Parallelism Adjustment
Overviewβ
In actual production scenarios, performance issues often occur due to unreasonable parallelism settings. The following cases list examples of optimization by adjusting parallelism.
Case 1: High Parallelism Leads to High CPU Usage in High Concurrency Pressure Scenariosβ
When high CPU usage is observed online, affecting the performance of some low-latency queries, consider reducing CPU usage by adjusting the query parallelism. Since Doris's design concept is to prioritize using more resources to obtain query results as quickly as possible, in some scenarios with tight online resources, this may lead to poor performance. Therefore, appropriate adjustment of parallelism can improve the overall stability and efficiency of queries under limited resources. Set the parallelism from the default 0 (half of the number of CPU cores) to 4:
set global parallel_pipeline_task_num = 4;
Since this parameter takes effect at the session level, consider restarting the FE to make the setting globally effective if necessary. After the adjustment, the CPU usage was reduced to 60% of the previous peak value, reducing the impact on some low-latency queries.

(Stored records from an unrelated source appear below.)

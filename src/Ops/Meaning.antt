-- ===== src/Ops/Meaning.antt =====
-- What LLVM's binary operators compute on integers, and what the switch of doBinOp has to do with it.
use clam.Prelude.{◌≡◌, refl, ◌∙◌, Bool, true, false, Option, none, some}
use clam.Prelude.Int.{ℤ, pos, ◌+ℤ◌, ◌-ℤ◌, ◌*ℤ◌}
use clam.Ir.{
  IntOp, add, sub, mul, sdiv, bitwise_and, bitwise_or, bitwise_xor, shl, ashr, IntOps, Numbers,
  IntOpsLaws,
}
use clam.Ops.Views.{
  Opcode, op_add, op_sub, op_mul, op_sdiv, op_udiv, op_srem, op_urem, op_shl, op_ashr, op_lshr,
  op_and, op_or, op_xor, other_opcode, Row, row_of,
}

-- an opcode on integers
abbrev pub IsIntOp : Opcode → Type 0
IsIntOp other_opcode = ⊥
IsIntOp _ = Unit

-- The result of an opcode on integers, without wrap-around.
unfoldable pub meaning : Numbers → Opcode → ℤ → ℤ → ℤ
meaning n op_add a b = a +ℤ b
meaning n op_sub a b = a -ℤ b
meaning n op_mul a b = a *ℤ b
meaning n op_sdiv a b = n.signed_div a b
meaning n op_udiv a b = n.unsigned_div a b
meaning n op_srem a b = n.signed_rem a b
meaning n op_urem a b = n.unsigned_rem a b
meaning n op_and a b = n.bits_and a b
meaning n op_or a b = n.bits_or a b
meaning n op_xor a b = n.bits_xor a b
meaning n op_shl a b = n.shift_left a b
meaning n op_ashr a b = n.arithmetic_shift_right a b
meaning n op_lshr a b = n.logical_shift_right a b
meaning n other_opcode a b = pos 0

-- The opcodes whose result on two constants is computed: not the unsigned ones and not srem.
unfoldable pub folds : Opcode → Bool
folds op_udiv = false
folds op_srem = false
folds op_urem = false
folds op_lshr = false
folds _ = true

-- the bitwise opcodes
unfoldable pub is_bitwise : Opcode → Bool
is_bitwise op_and = true
is_bitwise op_or = true
is_bitwise op_xor = true
is_bitwise _ = false

module _ (o : IntOps) (n : Numbers) (laws : IntOpsLaws o n) where
  -- the operator on two constants computes the opcode, or is not there
  abbrev pub OperatorMeans : Opcode → Option IntOp → Bool → Type 0
  OperatorMeans op (some c) true = (a b : ℤ) → o.fold c a b ≡ meaning n op a b
  OperatorMeans op none false = Unit
  OperatorMeans op c folded = ⊥

  abbrev pub RowMeans : Opcode → Row → Type 0
  RowMeans op row =
      ((a b : ℤ) → o.apply row.stmt a b ≡ meaning n op a b)
      × OperatorMeans op row.operator (folds op)

  -- the statement and the operator that doBinOp chooses compute the opcode
  pub row_of-RowMeans :
      (op : Opcode) → IsIntOp op → (row : Row) × (row_of op ≡ some row) × RowMeans op row
  unfolding row_of folds meaning
  row_of-RowMeans op_add h =
      (_, refl, (laws.add_law, λ a b. laws.fold_law add a b ∙ laws.add_law a b))
  row_of-RowMeans op_sub h =
      (_, refl, (laws.sub_law, λ a b. laws.fold_law sub a b ∙ laws.sub_law a b))
  row_of-RowMeans op_mul h =
      (_, refl, (laws.mul_law, λ a b. laws.fold_law mul a b ∙ laws.mul_law a b))
  row_of-RowMeans op_sdiv h =
      (_, refl, (laws.sdiv_law, λ a b. laws.fold_law sdiv a b ∙ laws.sdiv_law a b))
  row_of-RowMeans op_udiv h = (_, refl, (laws.udiv_law, tt))
  row_of-RowMeans op_srem h = (_, refl, (laws.srem_law, tt))
  row_of-RowMeans op_urem h = (_, refl, (laws.urem_law, tt))
  row_of-RowMeans op_and h =
      (_, refl, (laws.and_law, λ a b. laws.fold_law bitwise_and a b ∙ laws.and_law a b))
  row_of-RowMeans op_or h =
      (_, refl, (laws.or_law, λ a b. laws.fold_law bitwise_or a b ∙ laws.or_law a b))
  row_of-RowMeans op_xor h =
      (_, refl, (laws.xor_law, λ a b. laws.fold_law bitwise_xor a b ∙ laws.xor_law a b))
  row_of-RowMeans op_shl h =
      (_, refl, (laws.shl_law, λ a b. laws.fold_law shl a b ∙ laws.shl_law a b))
  row_of-RowMeans op_ashr h =
      (_, refl, (laws.ashr_law, λ a b. laws.fold_law ashr a b ∙ laws.ashr_law a b))
  row_of-RowMeans op_lshr h = (_, refl, (laws.lshr_law, tt))
  row_of-RowMeans other_opcode h = absurd h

Case 2: Increase Parallelism to Further Utilize CPU to Accelerate Queriesβ
The current default parallelism in Doris is half of the number of CPU cores, and some compute-intensive scenarios cannot fully utilize the CPU for query acceleration.
select sum(if(t2.value is null, 0, 1)) exist_value, sum(if(t2.value is null, 1, 0)) no_exist_value
from t1 left join t2 on t1.key = t2.key;
In a scenario with 2 billion rows in the left table and 5 million rows in the right table, the above SQL takes 28 seconds to execute. Observe the Profile:
HASH_JOIN_OPERATOR (id=3, nereids_id=448):
- PlanInfo
- join op: LEFT OUTER JOIN(BROADCAST)[]
- equal join conjunct: (value = value)
- cardinality=2,462,330,332
- vec output tuple id: 5
- output tuple id: 5
- vIntermediate tuple ids: 4
- hash output slot ids: 16
- projections: value
- project output tuple id: 5
- BlocksProduced: sum 360.099K (360099), avg 45.012K (45012), max 45.014K (45014), min 45.011K (45011)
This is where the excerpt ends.